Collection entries

────────

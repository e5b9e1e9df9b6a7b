-- ===== src/UdpClient/Stuck/Steps.antt =====
-- Every method and handler leaves a stuck client stuck.
use kernel_udp_tcp.Prelude.{false, not, ◌++◌, none, some, length, drop, ◌||◌, if◌then◌else◌}
use kernel_udp_tcp.Asio.{Asio, OpenLaws}
use kernel_udp_tcp.Asio.Action.{state, pure, state->>=, state-if, state-void}
use kernel_udp_tcp.UdpClient.{
  UdpClient, Overrides, Callback, Task, connect_handler, resolve_handler, disconnect_handler,
  join_handler, leave_handler, async_resolve, async_send_to, async_receive_from,
}
use kernel_udp_tcp.UdpClient.Connection.{
  connect, connect_resolved, disconnect, reconnect, connect_async, connect_resolved_async,
  disconnect_async, run_connect, run_resolve, run_resolved, run_disconnect,
}
use kernel_udp_tcp.UdpClient.Multicast.{join, leave, join_async, leave_async}
use kernel_udp_tcp.UdpClient.Send.{send_to, send, send_timed, send_async, run_send}
use kernel_udp_tcp.UdpClient.Step.{
  connect_call, disconnect_call, reconnect_call, connect_async_call, disconnect_async_call,
  connect_resolved_call, connect_resolved_async_call, join_call, leave_call, join_async_call,
  leave_async_call, send_call, send_to_call, send_timed_call, send_async_call, receive_call,
  receive_timed_call, receive_async_call, setup_reuse_address, setup_reuse_port, setup_multicast,
  calls, runs, here, next, Call, Completion, perform, run_task, Step, Reach,
}
use kernel_udp_tcp.UdpClient.Receive.{
  receive, receive_timed, receive_async, try_receive, run_receive,
}
use kernel_udp_tcp.UdpClient.Stuck.{
  Stuck, guard-Stuck, submitted, connect_keeps, resolved_keeps, connect_resolved_keeps,
  reconnect_keeps, send_to_keeps,
}

module _ {Socket : Type 0} (asio : Asio Socket) (IsOpen : Socket → Type 0)
    (laws : OpenLaws asio IsOpen) where
  abbrev IsStuck : UdpClient Socket → Type 0
  IsStuck = Stuck asio IsOpen laws

  module _ (on : Overrides Socket)
      (keeps : (c : Callback) (s : UdpClient Socket) → IsStuck s → IsStuck (state (on c s))) where
    -- No method leaves the state: the socket is closed by the disconnect of a connected client only.
    pub perform-Stuck :
        (c : Call Socket) (s : UdpClient Socket) → IsStuck s → IsStuck (state (perform asio on c s))
    unfolding perform disconnect reconnect connect_async connect_resolved_async disconnect_async
        join leave join_async leave_async send send_to send_timed send_async receive receive_timed
        receive_async try_receive
    perform-Stuck connect_call s h =
        state-void IsStuck (connect asio on) s (connect_keeps asio IsOpen laws on keeps s h)
    perform-Stuck disconnect_call s h =
        state-void IsStuck (disconnect asio on) s
          (guard-Stuck asio IsOpen laws on keeps false _ s h)
    perform-Stuck reconnect_call s h = state-void IsStuck (reconnect asio on) s (
        state->>= IsStuck (disconnect asio on)
          (λ done. if done then connect asio on else pure false) s
          (guard-Stuck asio IsOpen laws on keeps false _ s h)
          (reconnect_keeps asio IsOpen laws on keeps))
    perform-Stuck connect_async_call s h = state-void IsStuck (connect_async asio on) s (
        state-if IsStuck s.connected _ _ (λ _. h)
          (λ _. submitted asio IsOpen laws on keeps connect_handler s h))
    perform-Stuck disconnect_async_call s h =
        state-void IsStuck (disconnect_async asio on) s
          (guard-Stuck asio IsOpen laws on keeps false _ s h)
    perform-Stuck (connect_resolved_call b) s h =
        state-void IsStuck (connect_resolved asio on b) s
          (connect_resolved_keeps asio IsOpen laws on keeps b s h)
    perform-Stuck (connect_resolved_async_call b) s h =
        state-void IsStuck (connect_resolved_async asio on b) s (
          state-if IsStuck (not b) _ _ (λ _. h)
            (λ _.
              state-if IsStuck (s.connected || s.resolving) _ _ (λ _. h)
                (λ _. submitted asio IsOpen laws on keeps resolve_handler s h)))
    perform-Stuck (join_call a) s h = guard-Stuck asio IsOpen laws on keeps tt _ s h
    perform-Stuck (leave_call a) s h = guard-Stuck asio IsOpen laws on keeps tt _ s h
    perform-Stuck (join_async_call inside a) s h = guard-Stuck asio IsOpen laws on keeps tt _ s h
    perform-Stuck (leave_async_call inside a) s h = guard-Stuck asio IsOpen laws on keeps tt _ s h
    perform-Stuck (send_call b n) s h =
        state-void IsStuck (send asio on b n) s
          (send_to_keeps asio IsOpen laws on keeps s.endpoint b n s h)
    perform-Stuck (send_to_call e b n) s h =
        state-void IsStuck (send_to asio on e b n) s
          (send_to_keeps asio IsOpen laws on keeps e b n s h)
    perform-Stuck (send_timed_call c k e none n) s h = h
    perform-Stuck (send_timed_call c k e (some b) n) s h =
        state-void IsStuck (send_timed asio on c k e (some b) n) s
          (guard-Stuck asio IsOpen laws on keeps (some 0) _ s h)
    perform-Stuck (send_async_call e none n) s h = h
    perform-Stuck (send_async_call e (some b) n) s h =
        state-void IsStuck (send_async asio on e (some b) n) s (
          state-if IsStuck s.sending _ _ (λ _. h)
            (λ _. guard-Stuck asio IsOpen laws on keeps false _ s h))
    perform-Stuck (receive_call b n) s h =
        state-void IsStuck (receive asio on b n) s
          (guard-Stuck asio IsOpen laws on keeps none _ s h)
    perform-Stuck (receive_timed_call c k e w b n) s h =
        state-void IsStuck (receive_timed asio on c k e w b n) s
          (guard-Stuck asio IsOpen laws on keeps (some none) _ s h)
    perform-Stuck receive_async_call s h =
        state-if IsStuck s.receiving _ _ (λ _. h)
          (λ _. guard-Stuck asio IsOpen laws on keeps tt _ s h)
    perform-Stuck (setup_reuse_address b) s h = record {
      disconnected = h.disconnected;
      open_socket = h.open_socket;
    }
    perform-Stuck (setup_reuse_port b) s h = record {
      disconnected = h.disconnected;
      open_socket = h.open_socket;
    }
    perform-Stuck (setup_multicast b) s h = record {
      disconnected = h.disconnected;
      open_socket = h.open_socket;
    }

    run_task-Stuck :
        (c : Completion) (t : Task) (s : UdpClient Socket)
        → IsStuck s
        → IsStuck (state (run_task asio on c t s))
    unfolding run_task run_connect run_resolve run_resolved run_disconnect disconnect join leave
        run_send run_receive
    run_task-Stuck c connect_handler s h =
        state-void IsStuck (connect asio on) s (connect_keeps asio IsOpen laws on keeps s h)
    run_task-Stuck c resolve_handler s h =
        state-if IsStuck (s.connected || s.resolving) _ _ (λ _. h)
          (λ _. record { disconnected = h.disconnected; open_socket = h.open_socket })
    run_task-Stuck c disconnect_handler s h =
        state-void IsStuck (disconnect asio on) s
          (guard-Stuck asio IsOpen laws on keeps false _ s h)
    run_task-Stuck c (join_handler a) s h = guard-Stuck asio IsOpen laws on keeps tt _ s h
    run_task-Stuck c (leave_handler a) s h = guard-Stuck asio IsOpen laws on keeps tt _ s h
    run_task-Stuck c (async_resolve a service) s h =
        let t : UdpClient Socket = record s { resolving = false } in
        state-if IsStuck (t.connected || t.resolving) _ _
          (λ _. record { disconnected = h.disconnected; open_socket = h.open_socket })
          (λ _.
            resolved_keeps asio IsOpen laws on keeps c.answer t
              (record { disconnected = h.disconnected; open_socket = h.open_socket }))
    run_task-Stuck c (async_send_to b e) s h =
        guard-Stuck asio IsOpen laws on keeps tt _ (record s { sending = false })
          (record { disconnected = h.disconnected; open_socket = h.open_socket })
    run_task-Stuck c (async_receive_from n) s h =
        guard-Stuck asio IsOpen laws on keeps tt _
          (record s {
            receiving = false;
            receive_endpoint = c.endpoint;
            receive_buffer = c.bytes ++ drop (length c.bytes) s.receive_buffer;
          })
          (record { disconnected = h.disconnected; open_socket = h.open_socket })

    Step-Stuck : {s t : UdpClient Socket} → Step asio on s t → IsStuck s → IsStuck t
    Step-Stuck {s = s} (calls c) h = perform-Stuck c s h
    Step-Stuck {s = s} (runs before after x t c e) h =
        run_task-Stuck c t (record s { pending = before ++ after })
          (record { disconnected = h.disconnected; open_socket = h.open_socket })

    pub Reach-Stuck : {s t : UdpClient Socket} → Reach asio on s t → IsStuck s → IsStuck t
    Reach-Stuck here h = h
    Reach-Stuck (next r st) h = Step-Stuck st (Reach-Stuck r h)
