-- ===== src/Socks5.antt =====
-- socks5/: the SOCKS5 server.
pub mod Wire
pub mod Address
pub mod Rules
pub mod Auth
pub mod Serve
pub mod Listen
pub mod Tests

────────

> [What you should do]
Which lines above run from the one containing "resolved_keeps asio IsOpen laws on keeps c.answer" down to the one containing "receiving = false;"? Repeat exactly those, both ends included, and nothing else.

> [Response to this task]
            resolved_keeps asio IsOpen laws on keeps c.answer t
              (record { disconnected = h.disconnected; open_socket = h.open_socket }))
    run_task-Stuck c (async_send_to b e) s h =
        guard-Stuck asio IsOpen laws on keeps tt _ (record s { sending = false })
          (record { disconnected = h.disconnected; open_socket = h.open_socket })
    run_task-Stuck c (async_receive_from n) s h =
        guard-Stuck asio IsOpen laws on keeps tt _
          (record s {
            receiving = false;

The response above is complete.